Each line that includes "gpuopt" must be copied from the records.

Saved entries
____

-- ===== src/Governance/Governor/Predict.antt =====
-- What `ModelGovernor.predict` answers and records.
use gpuopt.Base.{
  ℕ, ◌+◌, true, false, ◌&&◌, ◌||◌, not, ◌≡◌, ◌≢◌, ◌↔◌, ◌⊎◌, refl, sym, ap, ◌∙◌, subst, Option, none,
  some, List, ◌==◌, string_eq, if◌then◌else◌, arith, Bool-cases, Option-cases, inl, inr, beq_refl,
}
use gpuopt.Base.Dict.{Dict, lookup, insert, erase, has_key, lookup-insert, lookup-erase}
use gpuopt.Governance.Models.{
  Uuid, ModelActionClass, action_class_eq, ModelVersion, FallbackConfig, GovernanceConfig,
}
use gpuopt.Governance.Registry.{ModelRegistry, get_champion, record_prediction, set_fallback}
use gpuopt.Governance.Registry.Laws.{IsSound}
use gpuopt.Governance.Registry.Promotion.{champion_at}
use gpuopt.Governance.Fallback.{
  Starts, should_fallback, activate_fallback, deactivate_fallback, is_fallback_active,
  check_recovery, set_default,
}
use gpuopt.Governance.Governor.{Governor, fallback, model, predict_fit, predict}
use gpuopt.Governance.Governor.Laws.{IsFit, should_fallback_iff}

-- A champion of class `c` that is not to fall back recovers the class at once.
recovers :
    (config : FallbackConfig) (c : ModelActionClass) (v : ModelVersion) (confidence : ℕ)
    (drift_scores : List ℕ) (now : ℕ) (r : ModelRegistry) (starts : Starts)
    → get_champion c r ≡ some v
    → v.action_class ≡ c
    → (should_fallback config v confidence drift_scores now starts).0 ≡ false
    → check_recovery config v confidence drift_scores now (r, starts)
      ≡ (true, deactivate_fallback c (r, starts))
unfolding check_recovery
recovers config c v confidence drift_scores now r starts e class fit =
    let at : get_champion v.action_class r ≡ some v =
      subst (λ z. get_champion z r ≡ some v) (sym class) e in
    rw (at, check_recovery) (rw (fit) (ap (λ z. (true, deactivate_fallback z (r, starts))) class))

-- The state after a prediction that the model answers.
answered : ModelActionClass → Uuid → ℕ → Governor → Governor
answered c vid confidence g =
    if is_fallback_active c g.starts
    then record g {
      registry = record_prediction vid confidence (deactivate_fallback c (g.registry, g.starts)).0;
      starts = (deactivate_fallback c (g.registry, g.starts)).1;
    }
    else record g { registry = record_prediction vid confidence g.registry }

predict-fit :
    (config : GovernanceConfig) (c : ModelActionClass) (confidence : ℕ) (drift_scores : List ℕ)
    (now : ℕ) (g : Governor) (v : ModelVersion)
    → IsSound g.registry
    → get_champion c g.registry ≡ some v
    → (should_fallback config.fallback v confidence drift_scores now g.starts).0 ≡ false
    → predict config c confidence drift_scores now g
      ≡ (model v.id confidence, answered c v.id confidence g)
unfolding predict predict_fit answered
predict-fit config c confidence drift_scores now g v h e fit =
    let (a, b, class) = champion_at c g.registry v h e in
    rw (e, predict)
      (rw (fit) (
        rw
          (recovers config.fallback c v confidence drift_scores now g.registry g.starts e class fit)
          (elim (Bool-cases (is_fallback_active c g.starts)) [
            | inl on ↦ rw (on) refl
            | inr off ↦ rw (off) refl
          ])))

predict-unfit :
    (config : GovernanceConfig) (c : ModelActionClass) (confidence : ℕ) (drift_scores : List ℕ)
    (now : ℕ) (g : Governor) (v : ModelVersion)
    → get_champion c g.registry ≡ some v
    → (should_fallback config.fallback v confidence drift_scores now g.starts).0 ≡ true
    → predict config c confidence drift_scores now g ≡ (
      fallback (should_fallback config.fallback v confidence drift_scores now g.starts).1,
      record g { registry = set_fallback c true g.registry; starts = set_default c now g.starts },
    )
unfolding predict activate_fallback
predict-unfit config c confidence drift_scores now g v e unfit = rw (e, predict) (rw (unfit) refl)

-- In a sound registry a class with a champion is answered by that champion exactly when the
-- fallback is switched off or the champion is fit: enough confidence, no drift above the limit, no
-- stale training data.
pub predict_model_iff :
    (config : GovernanceConfig) (c : ModelActionClass) (confidence : ℕ) (drift_scores : List ℕ)
    (now : ℕ) (g : Governor) (v : ModelVersion)
    → IsSound g.registry
    → get_champion c g.registry ≡ some v
    → ((predict config c confidence drift_scores now g).0 ≡ model v.id confidence)
      ↔ ((config.fallback.enabled ≡ true) → IsFit config.fallback v confidence drift_scores now)
predict_model_iff config c confidence drift_scores now g v h e =
    let fit = should_fallback_iff config.fallback v confidence drift_scores now g.starts in
    elim (Bool-cases (should_fallback config.fallback v confidence drift_scores now g.starts).0) [
      | inl unfit ↦
          rw (predict-unfit config c confidence drift_scores now g v e unfit)
            ((λ h. absurd cc), (λ ok. let f = fit.1 ok in absurd cc))
      | inr ok ↦
          rw (predict-fit config c confidence drift_scores now g v h e ok)
            ((λ h. fit.0 ok), (λ h. refl))
    ]

-- `d.get(k, 0)`
abbrev pub or_zero : Option ℕ → ℕ
or_zero none = 0
or_zero (some n) = n

abbrev pub counted : Uuid → ModelRegistry → ℕ
counted vid r = or_zero (lookup vid r.prediction_counts)

lookup-insert_same : (vid : Uuid) (n : ℕ) (d : Dict Uuid ℕ) → lookup vid (insert vid n d) ≡ some n
lookup-insert_same vid n d = rw (lookup-insert vid vid n d) (rw (beq_refl vid) refl)

counted-record_prediction :
    (vid : Uuid) (confidence : ℕ) (r : ModelRegistry)
    → counted vid (record_prediction vid confidence r) ≡ counted vid r + 1
unfolding record_prediction
counted-record_prediction vid confidence r = elim (Option-cases (lookup vid r.prediction_counts)) [
  | inl e ↦ rw (e) (ap or_zero (lookup-insert_same vid 1 r.prediction_counts))
  | inr (n, e) ↦ rw (e) (ap or_zero (lookup-insert_same vid (n + 1) r.prediction_counts))
]

has_key-erase : (c : ModelActionClass) (starts : Starts) → has_key c (erase c starts) ≡ false
has_key-erase c starts = rw (lookup-erase c c starts) (rw (beq_refl c) refl)

has_key-set_default :
    (c : ModelActionClass) (now : ℕ) (starts : Starts) → has_key c (set_default c now starts) ≡ true
has_key-set_default c now starts = elim (Bool-cases (has_key c starts)) [
  | inl on ↦ rw (on) on
  | inr off ↦ rw (off) (rw (lookup-insert c c now starts) (rw (beq_refl c) refl))
]

-- A prediction of the champion is counted once and ends the class's fallback; a fallback is not
-- counted, and the class is in fallback from then on.
pub predict_records :
    (config : GovernanceConfig) (c : ModelActionClass) (confidence : ℕ) (drift_scores : List ℕ)
    (now : ℕ) (g : Governor) (v : ModelVersion)
    → IsSound g.registry
    → get_champion c g.registry ≡ some v
    → (((predict config c confidence drift_scores now g).0 ≡ model v.id confidence)
        × (counted v.id (predict config c confidence drift_scores now g).1.registry
            ≡ counted v.id g.registry + 1)
        × (is_fallback_active c (predict config c confidence drift_scores now g).1.starts ≡ false))
      ⊎ (((predict config c confidence drift_scores now g).0 ≢ model v.id confidence)
          × ((predict config c confidence drift_scores now g).1.registry.prediction_counts
              ≡ g.registry.prediction_counts)
          × (is_fallback_active c (predict config c confidence drift_scores now g).1.starts ≡ true))
unfolding is_fallback_active answered deactivate_fallback set_fallback
predict_records config c confidence drift_scores now g v h e =
    elim (Bool-cases (should_fallback config.fallback v confidence drift_scores now g.starts).0) [
      | inl unfit ↦
          rw (predict-unfit config c confidence drift_scores now g v e unfit)
            (inr ((λ f. cc), refl, has_key-set_default c now g.starts))
      | inr fit ↦
          rw (predict-fit config c confidence drift_scores now g v h e fit)
            (elim (Bool-cases (is_fallback_active c g.starts)) [
              | inl on ↦
                  rw (on, is_fallback_active)
                    (inl
                      (refl, counted-record_prediction v.id confidence _, has_key-erase c g.starts))
              | inr off ↦
                  rw (off, is_fallback_active)
                    (inl (refl, counted-record_prediction v.id confidence g.registry, off))
            ])
    ]

-- The registry's set of classes in fallback and the engine's start times name the same classes.
abbrev pub Agrees : Governor → Type 0
Agrees g = (c : ModelActionClass) → has_key c g.registry.fallback_active ≡ has_key c g.starts

has_key-insert-erase :
    {V : Type 0} (c k : ModelActionClass) (v : V) (d : Dict ModelActionClass V)
    → (has_key k (insert c v d) ≡ (c == k || has_key k d))
      × (has_key k (erase c d) ≡ (not (c == k) && has_key k d))
has_key-insert-erase c k v d =
    ((rw (lookup-insert c k v d) (ground arith)), (rw (lookup-erase c k d) (ground arith)))

set_default-keys :
    (c k : ModelActionClass) (now : ℕ) (starts : Starts)
    → has_key k (set_default c now starts) ≡ (c == k || has_key k starts)
set_default-keys c k now starts = elim (Bool-cases (has_key c starts)) [
  | inl on ↦ rw (on) (elim (Bool-cases (c == k)) [
    | inl same ↦
        rw (same) (subst (λ z. has_key z starts ≡ true) ((action_class_eq.beq_iff c k).0 same) on)
    | inr other ↦ rw (other) refl
  ])
  | inr off ↦ rw (off) (has_key-insert-erase c k now starts).0
]

has_key-flags :
    (c k : ModelActionClass) (r : ModelRegistry)
    → (has_key k (set_fallback c true r).fallback_active ≡ (c == k || has_key k r.fallback_active))
      × (has_key k (set_fallback c false r).fallback_active
          ≡ (not (c == k) && has_key k r.fallback_active))
unfolding set_fallback
has_key-flags c k r = (
  (has_key-insert-erase c k tt r.fallback_active).0,
  (has_key-insert-erase c k tt r.fallback_active).1,
)

-- In a sound registry a prediction keeps the two records of the classes in fallback in agreement.
pub predict-Agrees :
    (config : GovernanceConfig) (c : ModelActionClass) (confidence : ℕ) (drift_scores : List ℕ)
    (now : ℕ) (g : Governor)
    → IsSound g.registry
    → Agrees g
    → Agrees (predict config c confidence drift_scores now g).1
unfolding predict answered deactivate_fallback record_prediction
predict-Agrees config c confidence drift_scores now g h agrees =
    elim (Option-cases (get_champion c g.registry)) [
      | inl e ↦ rw (e, predict) agrees
      | inr (v, e) ↦
          elim (Bool-cases
            (should_fallback config.fallback v confidence drift_scores now g.starts).0) [
              | inl unfit ↦
                  rw (predict-unfit config c confidence drift_scores now g v e unfit)
                    (λ k. fallen k)
              | inr fit ↦
                  rw (predict-fit config c confidence drift_scores now g v h e fit) (λ k. kept v k)
            ]
    ]
  where
    fallen :
        (k : ModelActionClass)
        → has_key k (set_fallback c true g.registry).fallback_active
          ≡ has_key k (set_default c now g.starts)
    fallen k =
        (has_key-flags c k g.registry).0
        ∙ ap (λ b. c == k || b) (agrees k)
        ∙ sym (set_default-keys c k now g.starts)

    cleared :
        (k : ModelActionClass)
        → has_key k (set_fallback c false g.registry).fallback_active ≡ has_key k (erase c g.starts)
    cleared k =
        (has_key-flags c k g.registry).1
        ∙ ap (λ b. not (c == k) && b) (agrees k)
        ∙ sym (has_key-insert-erase c k now g.starts).1

    kept :
        (v : ModelVersion) (k : ModelActionClass)
        → has_key k (answered c v.id confidence g).registry.fallback_active
          ≡ has_key k (answered c v.id confidence g).starts
    kept v k = elim (Bool-cases (is_fallback_active c g.starts)) [
      | inl on ↦ rw (on) (cleared k)
      | inr off ↦ rw (off) (agrees k)
    ]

____

Response box
use gpuopt.Base.{
use gpuopt.Base.Dict.{Dict, lookup, insert, erase, has_key, lookup-insert, lookup-erase}
use gpuopt.Governance.Models.{
use gpuopt.Governance.Registry.{ModelRegistry, get_champion, record_prediction, set_fallback}
use gpuopt.Governance.Registry.Laws.{IsSound}
use gpuopt.Governance.Registry.Promotion.{champion_at}
use gpuopt.Governance.Fallback.{
use gpuopt.Governance.Governor.{Governor, fallback, model, predict_fit, predict}
use gpuopt.Governance.Governor.Laws.{IsFit, should_fallback_iff}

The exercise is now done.